### [PROBLEM]
When you reach the line with "-- What the" in the data below, begin printing lines exactly, and stop once the line with "pub ident : (k" has been printed.

[Opening SUPPLIED RECORDS section]

-- ===== src/Mib/Delete/Steps.antt =====
-- `mib_tree_node_search` of core/mib_tree.c, a round at a time.
use smartsnmp.Base.{ℕ, ◌≡◌, refl, List, ◌∷◌}
use smartsnmp.Mib.Node.{Node, group_node, Subs, found, vacant, slot_of}
use smartsnmp.Mib.Delete.{miss, hit, under, mib_tree_node_search}

pub search_step :
    (id : ℕ) (oid : List ℕ) (room : ℕ) (s : Subs) (i : ℕ) (n : Node)
    → slot_of id s ≡ found i n
    → mib_tree_node_search (id ∷ oid) (group_node room s) ≡ under i (mib_tree_node_search oid n)
unfolding mib_tree_node_search
search_step id oid room s i n e = rw (mib_tree_node_search, e) refl

pub search_miss :
    (id : ℕ) (oid : List ℕ) (room : ℕ) (s : Subs) (i : ℕ)
    → slot_of id s ≡ vacant i
    → mib_tree_node_search (id ∷ oid) (group_node room s) ≡ miss
unfolding mib_tree_node_search
search_miss id oid room s i e = rw (mib_tree_node_search, e) refl

pub under-hit : (i : ℕ) (path : List ℕ) (n : Node) → under i (hit path n) ≡ hit (i ∷ path) n
unfolding under
under-hit i path n = refl

pub under_miss : (i : ℕ) → under i miss ≡ miss
unfolding under
under_miss i = refl
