-- ===== src/Mib/Delete/Walk.antt =====
-- The recursive traversal that `__mib_tree_delete` of core/mib_tree.c stands for: what it frees, the
-- rounds it takes and how deep it goes.
use Prim.Native.Nat.{max}
use smartsnmp.Base.{ℕ, suc, ◌+◌, List, [], ◌∷◌, ◌++◌}
use smartsnmp.Mib.Node.{Node, group_node, instance_node, Subs, nil, cons}
use smartsnmp.Mib.Delete.{Event, free_group, unref}

-- Children before their group, in the order of the sub-identifiers.
unfoldable mutual
  pub events : Node → List Event
  events (instance_node c) = unref c ∷ []
  events (group_node room s) = events_subs s ++ (free_group ∷ [])

  pub events_subs : Subs → List Event
  events_subs nil = []
  events_subs (cons id n s) = events n ++ events_subs s

-- The rounds of the loop that a node takes; an empty group has one for its null pointer.
unfoldable mutual
  pub rounds : Node → ℕ
  rounds (instance_node c) = 1
  rounds (group_node room s) = rounds_subs s + 1

  pub rounds_subs : Subs → ℕ
  rounds_subs nil = 2
  rounds_subs (cons id n s) = rounds n + 1 + rounds_more s

  pub rounds_more : Subs → ℕ
  rounds_more nil = 0
  rounds_more (cons id n s) = rounds n + 1 + rounds_more s

unfoldable mutual
  -- The groups on the longest path.
  pub height : Node → ℕ
  height (instance_node c) = 0
  height (group_node room s) = suc (height_subs s)

  pub height_subs : Subs → ℕ
  height_subs nil = 0
  height_subs (cons id n s) = max (height n) (height_subs s)
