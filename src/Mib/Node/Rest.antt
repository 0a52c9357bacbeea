-- ===== src/Mib/Node/Rest.antt =====
-- What the arrays of a group node hold from an index on, for the loops that go through them.
use native.Mathlib.Nat.{zero-add, add-zero}
use smartsnmp.Base.{ℕ, suc, ◌+◌, ◌≡◌, refl, subst, arith, some, get_or}
use smartsnmp.Mib.Node.{Node, Subs, cons, sub_ids, sub_ptr, sub_id_cnt}

-- `rest` is what the arrays of a group hold from the index `i` on.
pub record IsRest (full rest : Subs) (i : ℕ) : Type 0 where
  pub count : sub_id_cnt full ≡ i + sub_id_cnt rest
  pub ident : (k : ℕ) → get_or (sub_ids full) (i + k) 0 ≡ get_or (sub_ids rest) k 0
  pub child : (k : ℕ) → sub_ptr full (i + k) ≡ sub_ptr rest k

pub IsRest-whole : (s : Subs) → IsRest s s 0
IsRest-whole s = record {
  count = omega arith;
  ident = λ k. rw zero-add refl;
  child = λ k. rw zero-add refl;
}

shift : (i k : ℕ) → i + 1 + k ≡ i + suc k
shift i k = omega arith

pub IsRest-tail :
    (full s : Subs) (i id : ℕ) (n : Node) → IsRest full (cons id n s) i → IsRest full s (i + 1)
unfolding sub_id_cnt sub_ids sub_ptr
IsRest-tail full s i id n h = record {
  count = omega (arith, h.count);
  ident = λ k. rw (shift i k) (h.ident (suc k));
  child = λ k. rw (shift i k) (h.child (suc k));
}

-- One more entry in front.
pub IsRest-suc :
    (full rest : Subs) (i id : ℕ) (n : Node)
    → IsRest full rest i
    → IsRest (cons id n full) rest (suc i)
unfolding sub_id_cnt sub_ids sub_ptr
IsRest-suc full rest i id n h = record {
  count = omega (arith, h.count);
  ident = λ k. rw (front i k) (h.ident k);
  child = λ k. rw (front i k) (h.child k);
}
  where
    front : (i k : ℕ) → suc i + k ≡ suc (i + k)
    front i k = omega arith

module _ (full s : Subs) (i id : ℕ) (n : Node) (h : IsRest full (cons id n s) i) where
  pub IsRest-head : sub_ptr full i ≡ some n
  unfolding sub_ptr
  IsRest-head = subst (λ j. sub_ptr full j ≡ some n) (add-zero i) (h.child 0)

  pub IsRest-ident : get_or (sub_ids full) i 0 ≡ id
  unfolding sub_ids
  IsRest-ident = subst (λ j. get_or (sub_ids full) j 0 ≡ id) (add-zero i) (h.ident 0)
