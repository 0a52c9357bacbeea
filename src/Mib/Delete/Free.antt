-- ===== src/Mib/Delete/Free.antt =====
-- The explicit stack of `__mib_tree_delete` against the recursive traversal.
use mathlib.Core.List.{append_assoc, append-nil}
use Prim.Native.Nat.{max}
use native.Mathlib.Numerals.{one-add}
use smartsnmp.Base.{ℕ, suc, ◌+◌, ◌≡◌, ◌≤◌, ◌<◌, ◌∙◌, refl, ap, arith}
use smartsnmp.Base.{List, [], ◌∷◌, ◌++◌, Option, none, some, length, lt→ltb}
use smartsnmp.Mib.Node.{
  Node, group_node, instance_node, Subs, nil, cons, sub_ids, sub_ptr, sub_id_cnt,
}
use smartsnmp.Mib.Node.Rest.{IsRest, IsRest-whole, IsRest-tail, IsRest-head}
use smartsnmp.Mib.Delete.Walk.{events, events_subs, rounds, rounds_more, height, height_subs}
use smartsnmp.Mib.Delete.{
  Event, free_group, unref, Backlog, nbl_push, index_of, next_idx, free_loop,
}

-- The rest of the run once a node is done.
abbrev backtrack : ℕ → List Backlog → List Event → Option (List Event)
backtrack fuel [] freed = some freed
backtrack fuel ((n, k) ∷ rest) freed = free_loop fuel (some n) (some k) rest freed

-- The loop body, by cases.
instance_round :
    (fuel c : ℕ) (p : Option (Option ℕ)) (stk : List Backlog) (freed : List Event)
    → free_loop (suc fuel) (some (instance_node c)) p stk freed
      ≡ backtrack fuel stk (freed ++ (unref c ∷ []))
unfolding free_loop
instance_round fuel c p [] freed = refl
instance_round fuel c p ((n, k) ∷ rest) freed = refl

null_round :
    (fuel : ℕ) (p : Option (Option ℕ)) (stk : List Backlog) (freed : List Event)
    → free_loop (suc fuel) none p stk freed ≡ backtrack fuel stk freed
unfolding free_loop
null_round fuel p [] freed = refl
null_round fuel p ((n, k) ∷ rest) freed = refl

last_round :
    (fuel room : ℕ) (s : Subs) (stk : List Backlog) (freed : List Event)
    → free_loop (suc fuel) (some (group_node room s)) (some none) stk freed
      ≡ backtrack fuel stk (freed ++ (free_group ∷ []))
unfolding free_loop
last_round fuel room s [] freed = refl
last_round fuel room s ((n, k) ∷ rest) freed = refl

-- With room on the stack the group is backlogged and its child visited.
child_round :
    (fuel room i : ℕ) (s : Subs) (p : Option (Option ℕ)) (stk : List Backlog) (freed : List Event)
    → index_of p ≡ some i
    → length stk < 64
    → free_loop (suc fuel) (some (group_node room s)) p stk freed
      ≡ free_loop fuel (sub_ptr s i) none ((group_node room s, next_idx i s) ∷ stk) freed
unfolding free_loop nbl_push
child_round fuel room i s p stk freed e h = rw (free_loop, e, lt→ltb (length stk) 64 h) refl

next_last :
    (full : Subs) (i id : ℕ) (n : Node) → IsRest full (cons id n nil) i → next_idx i full ≡ none
unfolding next_idx sub_id_cnt sub_ids
next_last full i id n h = ground (arith, h.count)

next_more :
    (full s : Subs) (i id id' : ℕ) (n n' : Node)
    → IsRest full (cons id n (cons id' n' s)) i
    → next_idx i full ≡ some (i + 1)
unfolding next_idx sub_id_cnt sub_ids
next_more full s i id id' n n' h = ground (arith, h.count)

-- What is asked of the run of a node.
abbrev Frees : Node → Type 0
Frees n =
    (fuel : ℕ) (stk : List Backlog) (freed : List Event)
    → height n + length stk ≤ 64
    → free_loop (rounds n + fuel) (some n) none stk freed ≡ backtrack fuel stk (freed ++ events n)

-- One child is visited and freed, and the group popped again at the next index.
visit_child :
    (full : Subs) (room i : ℕ) (n : Node) (p : Option (Option ℕ)) (k : Option ℕ) (fuel : ℕ)
    (stk : List Backlog) (freed : List Event)
    → index_of p ≡ some i
    → sub_ptr full i ≡ some n
    → next_idx i full ≡ k
    → suc (height n) + length stk ≤ 64
    → Frees n
    → free_loop (suc (rounds n + fuel)) (some (group_node room full)) p stk freed
      ≡ free_loop fuel (some (group_node room full)) (some k) stk (freed ++ events n)
visit_child full room i n p k fuel stk freed e at next h frees =
    child_round (rounds n + fuel) room i full p stk freed e (omega arith)
    ∙ rw (at, next) (frees fuel ((group_node room full, k) ∷ stk) freed (omega arith))

empty_group :
    (fuel room : ℕ) (stk : List Backlog) (freed : List Event)
    → suc (length stk) ≤ 64
    → free_loop (suc (suc (suc fuel))) (some (group_node room nil)) none stk freed
      ≡ backtrack fuel stk (freed ++ (free_group ∷ []))
unfolding sub_ptr index_of next_idx sub_id_cnt sub_ids
empty_group fuel room stk freed h =
    child_round (suc (suc fuel)) room 0 nil none stk freed refl (omega arith)
    ∙ null_round (suc fuel) none ((group_node room nil, none) ∷ stk) freed
    ∙ last_round fuel room nil stk freed

three : (fuel : ℕ) → 3 + fuel ≡ suc (suc (suc fuel))
three fuel = omega arith

regroup : (a b fuel : ℕ) → a + 1 + b + 1 + fuel ≡ suc (a + (b + 1 + fuel))
regroup a b fuel = omega arith

index_first : index_of none ≡ some 0
unfolding index_of
index_first = refl

index_popped : (k : ℕ) → index_of (some (some k)) ≡ some k
unfolding index_of
index_popped k = refl

mutual
  unfolding rounds events height

  -- With fuel for the node and room on the stack, the loop frees the node and backtracks.
  free_node :
      (n : Node) (fuel : ℕ) (stk : List Backlog) (freed : List Event)
      → height n + length stk ≤ 64
      → free_loop (rounds n + fuel) (some n) none stk freed ≡ backtrack fuel stk (freed ++ events n)
  free_node (instance_node c) fuel stk freed h =
      rw (one-add fuel) (instance_round fuel c none stk freed)
  free_node (group_node room nil) fuel stk freed h =
      rw (three fuel) (empty_group fuel room stk freed (omega arith))
  free_node (group_node room (cons id n s)) fuel stk freed h =
      rw (regroup (rounds n) (rounds_more s) fuel) (
        free_rest s (cons id n s) room 0 id n none fuel stk freed (IsRest-whole (cons id n s))
          index_first h (free_node n)
        ∙ ap (backtrack fuel stk)
            (append_assoc freed (events n ++ events_subs s) (free_group ∷ [])))

  -- From the child at index `i` on, and then the group.
  free_rest :
      (rest : Subs) (full : Subs) (room i id : ℕ) (n : Node) (p : Option (Option ℕ)) (fuel : ℕ)
      (stk : List Backlog) (freed : List Event)
      → IsRest full (cons id n rest) i
      → index_of p ≡ some i
      → suc (max (height n) (height_subs rest)) + length stk ≤ 64
      → Frees n
      → free_loop
          (suc (rounds n + (rounds_more rest + 1 + fuel)))
          (some (group_node room full))
          p
          stk
          freed
        ≡ backtrack fuel stk (freed ++ (events n ++ events_subs rest) ++ (free_group ∷ []))
  free_rest nil full room i id n p fuel stk freed r e h frees =
      visit_child full room i n p none (1 + fuel) stk freed e (IsRest-head full nil i id n r)
        (next_last full i id n r) (omega arith) frees
      ∙ rw (one-add fuel, append-nil) (last_round fuel room full stk (freed ++ events n))
  free_rest (cons id' n' rest) full room i id n p fuel stk freed r e h frees =
      visit_child full room i n p (some (i + 1)) _ stk freed e
        (IsRest-head full (cons id' n' rest) i id n r) (next_more full rest i id id' n n' r)
        (omega arith) frees
      ∙ rw (regroup (rounds n') (rounds_more rest) fuel) (
          free_rest rest full room (i + 1) id' n' (some (some (i + 1))) fuel stk (freed ++ events n)
            (IsRest-tail full (cons id' n' rest) i id n r) (index_popped (i + 1)) (omega arith)
            (free_node n')
          ∙ ap (λ (t : List Event). backtrack fuel stk (t ++ (free_group ∷ [])))
              (append_assoc freed (events n) (events n' ++ events_subs rest)))

-- On a subtree of at most 64 levels the loop ends within its rounds, and has then freed every node
-- of the subtree exactly once, children before their group, with its handler unreferenced.
pub free_loop-events :
    (n : Node) (extra : ℕ)
    → height n ≤ 64
    → free_loop (rounds n + extra) (some n) none [] [] ≡ some (events n)
free_loop-events n extra h = free_node n extra [] [] (omega arith)
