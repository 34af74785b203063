-- ===== src/Lib.antt =====
-- BlockTic backend: a model of the NestJS services under src/, with the theorems about them.
--
-- The program sells tickets to people whose identity is verified: a lottery gives groups the right
-- to buy, seats are allocated, payments go through ECPay, tickets are minted as soulbound tokens on
-- Polygon, and a gate admits each ticket once. Audit logs and notifications record what happens.
--
-- State.antt      the database's tables, the OTP map, the nonces in Redis and the trace of the calls
--                 made outside (State/Actions.antt); those calls (State/Calls.antt); and the world
--                 that answers them (State/Answers.antt). An answer may depend on all calls before.
-- Exec.antt       a handler is a function of the state that returns or throws; what is written before
--                 a throw stays written, except in `transaction`, which gives the database back.
-- Entities.antt   the entities of */entities as records and their enumerations as data types.
-- Blockchain.antt src/blockchain/blockchain.service.ts; the polling loop in Blockchain/Polling.antt.
-- Auth.antt       src/auth/auth.service.ts: sendOtp, verifyOtp, register.
-- Seats.antt      src/seat-allocation/seat-allocation.service.ts: allocateSeats, findConsecutiveSeats,
--                 releaseSeat; Seats/Map.antt: getSeatMap. Which rows other transactions lock, and
--                 the database's order of rows, are arguments.
-- Ecpay.antt      src/ticketing/ecpay.util.ts: generateCheckMacValue.
-- Kyc.antt        src/identity/identity.service.ts, getKycStatus, which ticketing and lottery call.
-- Ticketing.antt  src/ticketing/ticketing.service.ts; Ticketing/Form.antt the form that is posted.
-- Gate.antt       src/gate-verification/gate-verification.service.ts; Gate/Entry.antt has the steps of
--                 verifyEntry, Gate/Face.antt the comparison of faces.
-- Lottery.antt    src/lottery/lottery.service.ts; Lottery/Winners.antt the pools and their winners.
-- Identity.antt   src/identity/identity.service.ts; Identity/Layers.antt the four KYC layers.
-- Audit.antt, Notifications.antt, Events.antt   the services of these names.
-- Guards.antt     src/common/guards/roles.guard.ts.
-- Api.antt        the controllers, src/*/*.controller.ts, one module each: Api/Http.antt has the guards
--                 and pipes that a request passes before its service is called, with
--                 src/auth/jwt.strategy.ts and src/common/guards/jwt-auth.guard.ts, Api/Dto.antt the
--                 request bodies of src/*/dto with their validation, Api/Routes.antt all endpoints as
--                 one type of requests, served one after the other.
-- Frames.antt     which tables the operations leave alone, used by the proofs about requests.
-- Startup.antt    what the services read of the environment: onModuleInit and the constructors.
-- Lifecycle.antt  what the operations on the tickets table do to the tickets' life cycle.
-- Samples.antt    a world and a configuration at which the tests run.
--
-- Operations keep the source's names in snake case (capturePayment is capture_payment). The world
-- stands for code that is not in the repository: SHA-256 and keccak, JWT, the clock, random numbers,
-- ids of new rows, the comparison of texts, ECPay, Rekognition, CompreFace and the contracts.
-- Properties that need something of it say so by a hypothesis, such as that new ids are fresh.
--
-- Scores and thresholds of faces are integers, in ten-thousandths; times are milliseconds. The one
-- loop that is not structural is the VRF poll: its fuel is the longest wait divided by the interval,
-- plus 2: a round that gets no answer sleeps for the interval.
--
-- Not modelled: dependency injection, the throttler (a request it refuses reaches no controller), the
-- status codes and documentation of the API, response DTOs (the entities are what is returned),
-- logging, the smart contracts and the scripts. Numbers of request bodies are natural numbers; which
-- of several errors of one request's pipes is reported is not told apart. A handler runs without
-- others in between: a race that the source meets by a conditional update appears as the branch that
-- such an update takes, and rows that others lock are skipped, as the source's comment says. A save
-- does not fail: unique indexes refuse no row, and the branches for their error 23505 are left out;
-- so is what a failing save leaves behind where several writes are in no transaction, as at the end
-- of refundTicket.
pub mod Base
pub mod Exec
pub mod Entities
pub mod State
pub mod Blockchain
pub mod Auth
pub mod Seats
pub mod Ecpay
pub mod Kyc
pub mod Ticketing
pub mod Gate
pub mod Lottery
pub mod Identity
pub mod Audit
pub mod Notifications
pub mod Events
pub mod Guards
pub mod Startup
pub mod Lifecycle
pub mod Frames
pub mod Api
pub mod Samples
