-- ===== src/Api.antt =====
-- The controllers of src/: each endpoint with its guards and pipes, before the service that it calls.
pub mod Http
pub mod Dto
pub mod Tickets
pub mod Gate
pub mod Identity
pub mod Lottery
pub mod Seats
pub mod Events
pub mod Auth
pub mod Audit
pub mod Notifications
pub mod Health
pub mod Routes
pub mod Access
pub mod Guarding
pub mod Effects
pub mod Views
pub mod Owners
pub mod Roles
pub mod Unique
pub mod Login
pub mod Seating
pub mod Life
pub mod Notices
pub mod Draws
pub mod Sample
mod Tests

[Closing SUPPLIED RECORDS section]

### [RESULT OF THE EXERCISE]
-- What the arrays of a group node hold from an index on, for the loops that go through them.
use native.Mathlib.Nat.{zero-add, add-zero}
use smartsnmp.Base.{ℕ, suc, ◌+◌, ◌≡◌, refl, subst, arith, some, get_or}
use smartsnmp.Mib.Node.{Node, Subs, cons, sub_ids, sub_ptr, sub_id_cnt}

-- `rest` is what the arrays of a group hold from the index `i` on.
pub record IsRest (full rest : Subs) (i : ℕ) : Type 0 where
  pub count : sub_id_cnt full ≡ i + sub_id_cnt rest
  pub ident : (k : ℕ) → get_or (sub_ids full) (i + k) 0 ≡ get_or (sub_ids rest) k 0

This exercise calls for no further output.